The Assistants by Camille Perri is porn for the millennial. It’s a cathartic romp into a debt-free world that every 20-30-something fantasizes about. We follow Tina, a 30-something assistant to one of the most power men in media, and she is a woman caught between a rock and a hard place–still lingering student debt and a job with no chance of upward advancement. She is stuck in a sink hole created by the choices she made all in the name of a college education. yassss the higher the debt the higher the education!! yassss
Tina is given an opportunity to break the law. The lines are not blurry, but sometimes we try to smudge the lines ourselves because we are desperate enough. Her student loans are a physical and mental barrier keeping her from “real” life, and she would be happy if the debt would just disappear. She is looking for something challenging and rewarding to sweep her off her feet, and it comes in the form of a mistake that she uses to her advantage. As the saying goes, the rest is history. Tina’s empty life snowballs into one full of high jinx, friendship, romance, and corporate espionage. My biggest problem with Tina is that she is such a passive character for about 95% of the book. She makes this one decision, but then lets people push and drag her for the majority of the story. I get it. It’s called a story arc, but literally every character and plot point just falls into her lap. It’s boring and even lazy at times. She is such a funny observationist, though, so I didn’t become too frustrated with her.

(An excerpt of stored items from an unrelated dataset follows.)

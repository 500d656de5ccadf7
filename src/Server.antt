-- ===== src/Server.antt =====
-- `New` of internal/server/server.go and `requestLogger` of middleware.go: the routes, and what
-- stands around their handlers. The router of package chi, which picks the route, and its
-- middleware `RealIP` are parameters; no handler panics, so `Recoverer` does nothing.
pub mod Static
pub mod Events
pub mod Guarded
use mdtree.Prelude.{
  ℕ, ◌-◌, Bytes, bytes, Bool, true, false, List, [], ◌∷◌, Option, none, some, leb, length, ◌==◌,
  if◌then◌else◌,
}
use mdtree.Auth.Session.{SessionStore}
use mdtree.Auth.Cookie.{Cookie}
use mdtree.Auth.Middleware.{Response, middleware}
use mdtree.Metrics.Recorder.{Call, write_header, write, Wire, new_wire}
use mdtree.Metrics.Recorder
use mdtree.Logger.{Level}
use mdtree.Logger
use mdtree.Api.Login.{AuthState, Reply, Attempt}
use mdtree.Api.Login
use mdtree.Api.Handler.{
  Handler, World, Request, Value, error_value, ok_value, authenticated_value, write_json,
  decode_json, client_ip, json_type,
}
use mdtree.Api.Endpoint.{Endpoint, endpoint}
use mdtree.Api.Endpoint
use mdtree.Server.Static.{Dist, spa_handler}

pub data Route : Type 0 where
  healthz login logout auth_status : Route
  guarded : Endpoint → Route

abbrev pub routes : List (Bytes × Bytes × Route)
routes =
    (bytes "GET", bytes "/healthz", healthz)
    ∷ (bytes "POST", bytes "/api/auth/login", login)
    ∷ (bytes "POST", bytes "/api/auth/logout", logout)
    ∷ (bytes "GET", bytes "/api/auth/status", auth_status)
    ∷ (bytes "GET", bytes "/api/tree", guarded Endpoint.tree)
    ∷ (bytes "GET", bytes "/api/file", guarded Endpoint.get_file)
    ∷ (bytes "POST", bytes "/api/file", guarded Endpoint.create_file)
    ∷ (bytes "PUT", bytes "/api/file", guarded Endpoint.save_file)
    ∷ (bytes "DELETE", bytes "/api/file", guarded Endpoint.delete_file)
    ∷ (bytes "POST", bytes "/api/file/rename", guarded Endpoint.rename_file)
    ∷ (bytes "POST", bytes "/api/dir", guarded Endpoint.mkdir)
    ∷ (bytes "DELETE", bytes "/api/dir", guarded Endpoint.delete_dir)
    ∷ (bytes "POST", bytes "/api/dir/rename", guarded Endpoint.rename_dir)
    ∷ (bytes "GET", bytes "/api/search", guarded Endpoint.search)
    ∷ (bytes "POST", bytes "/api/search/reindex", guarded Endpoint.reindex)
    ∷ (bytes "GET", bytes "/api/stats", guarded Endpoint.stats)
    ∷ []

-- What the router finds for a request: a route, no route below /api, no route elsewhere, or its own
-- answer to a method that the path does not have.
pub data Picked : Type 0 where
  matched : Route → Picked
  api_missing other_missing : Picked
  answered : Response → Picked

-- The handlers and the embedded files, and the parameters: RealIP, the router, and the texts that
-- numbers and durations have in the log.
pub record Server : Type 0 where
  pub api : Handler
  pub dist : Dist
  pub real_ip : Request → Bytes
  pub show_int : ℕ → Bytes
  pub show_duration : ℕ → Bytes
  pub pick : List (Bytes × Bytes × Route) → Request → Picked

pub record Answer : Type 0 where
  pub response : Response
  pub cookie : Option Cookie
  pub retry_after : Option Bytes

abbrev pub plain : Response → Answer
plain r = record { response = r; cookie = none; retry_after = none }

-- The bodies of `Login`, told apart by its statuses.
abbrev pub login_value : ℕ → Value
login_value s =
    if s == 429
    then error_value (bytes "too many attempts, try again later")
    else if s == 400
    then error_value (bytes "invalid request body")
    else if s == 401
    then error_value (bytes "invalid password")
    else if s == 500
    then error_value (bytes "could not create session")
    else ok_value

abbrev pub login_answer : Handler → Reply → Answer
login_answer h p = record {
  response = write_json h p.status (login_value p.status);
  cookie = p.cookie;
  retry_after = if p.status == 429 then some (bytes "60") else none;
}

abbrev pub logout_answer : Handler → Reply → Answer
logout_answer h p = record {
  response = write_json h p.status ok_value;
  cookie = p.cookie;
  retry_after = none;
}

abbrev pub status_answer : Handler → Reply → Answer
status_answer h p = plain (write_json h p.status (authenticated_value p.authenticated))

abbrev password_of : Option (Bytes → Bytes) → Option Bytes
password_of none = none
password_of (some req) = some (req (bytes "password"))

-- What `Login` takes from a request.
abbrev pub attempt : Handler → Request → Attempt
attempt h r = record {
  ip = client_ip r;
  password = password_of (decode_json h (bytes "password" ∷ []) r);
  random = r.random;
  times = r.clock.login;
}

-- An endpoint of internal/api/auth.go, on its part of the state.
abbrev pub on_auth :
    (Reply → Answer)
    → (AuthState → Reply × AuthState)
    → SessionStore × World
    → Answer × (SessionStore × World)
on_auth answer f (s, w) =
    let (p, a) = f (record { limiter = w.limiter; sessions = s }) in
    (answer p, (a.sessions, record w { limiter = a.limiter }))

abbrev healthy : Response
healthy = record { status = 200; content_type = json_type; body = bytes "{\"status\":\"ok\"}" }

abbrev not_found : Response
not_found = record {
  status = 404;
  content_type = json_type;
  body = bytes "{\"error\":\"not found\"}";
}

abbrev answer_plain : Response × (SessionStore × World) → Answer × (SessionStore × World)
answer_plain (res, x) = (plain res, x)

-- An explicit status of 200 is as good as none.
abbrev pub calls : Response → List Call
calls res = write_header res.status ∷ write res.body ∷ []

unfoldable pub request_level : ℕ → Level
request_level status =
    if leb 500 status then Level.error else if leb 400 status then Level.warn else Level.info

-- The line of `requestLogger`. The writer of package chi counts the bytes of the body.
unfoldable pub request_record : (ℕ → Bytes) → (ℕ → Bytes) → Request → Wire → Logger.Record
request_record show_int show_duration r wire = record {
  level = request_level wire.status;
  message = bytes "request";
  attrs =
      record { key = bytes "method"; value = r.method }
      ∷ record { key = bytes "path"; value = r.path }
      ∷ record { key = bytes "status"; value = show_int wire.status }
      ∷ record { key = bytes "bytes"; value = show_int (length wire.body) }
      ∷ record {
        key = bytes "duration";
        value = show_duration (r.clock.log_ended - r.clock.log_started);
      }
      ∷ record { key = bytes "ip"; value = r.remote_addr }
      ∷ [];
}

pub record Served : Type 0 where
  pub answer : Answer
  pub wire : Wire
  pub line : Logger.Record

module _ (sv : Server) where
  unfoldable pub serve_route :
      Route → Request → SessionStore × World → Answer × (SessionStore × World)
  serve_route healthz r x = (plain healthy, x)
  serve_route login r x =
      on_auth (login_answer sv.api)
        (Login.login sv.api.bcrypt sv.api.auth sv.api.password_hash (attempt sv.api r)) x
  serve_route logout r x = on_auth (logout_answer sv.api) (Login.logout sv.api.auth r.cookies) x
  serve_route auth_status r x =
      on_auth (status_answer sv.api) (Login.status r.cookies r.clock.guarded) x
  serve_route (guarded e) r x =
      answer_plain (middleware (endpoint sv.api e r) r.cookies r.clock.guarded x)

  unfoldable pub serve_picked :
      Picked → Request → SessionStore × World → Answer × (SessionStore × World)
  serve_picked (matched route) r x = serve_route route r x
  serve_picked api_missing r x = (plain not_found, x)
  serve_picked other_missing r x = (plain (spa_handler sv.dist r.path), x)
  serve_picked (answered res) r x = (plain res, x)

  unfoldable pub serve_http : Request → SessionStore × World → Served × (SessionStore × World)
  serve_http r x =
      let r' : Request = record r { remote_addr = sv.real_ip r } in
      let (a, (s, w)) = serve_picked (sv.pick routes r') r' x in
      let (wire, m) =
        Recorder.middleware (calls a.response) r.clock.started r.clock.ended new_wire w.metrics in
      (
        record {
          answer = a;
          wire = wire;
          line = request_record sv.show_int sv.show_duration r' wire;
        },
        (s, record w { metrics = m }),
      )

The book feels like a movie. It feels so much like an Anne Hathaway, Katherine Heigel (about 8 years ago), or Kate Hudson (about 10 years ago) movie. It’s Bridesmaids without the bride. It’s a Nancy Myer’s script, if it was told from the point of view of the assistant to one of Nancy Myer’s characters (ie Harry Sanborn’s assistant is Something’s Gotta Give. Can you imagine the things that poor assistant saw?!) Look, I would be very, very, very surprised if this book isn’t turned into a movie in the next 5 years. I bet some studio exec has already bought the rights to it. It’s funny, topical, slightly political but not scary political, and would attract the 18-40 year old female demographic. Hell, one character (I think her name was Marge?) is literally written for Melissa McCarthy. I would bet my student debt that Perri wrote that character with Melissa McCarthy in mind.
The strength of the story is in the first 100 pages. Perri sets up a deliciously genius premise that is able to carry you through the second half, which does begin to fall apart as it becomes less and less realistic. So many logistics of the plot are brushed aside by the computer hacker character (every comedy has a computer hacker).
At its core, this is a story about the pressure and dissatisfaction that a lot of people feel, especially out of college. Throw a Make America Great Again hat at me and call it “entitlement”, but I feel like we all deserve a life.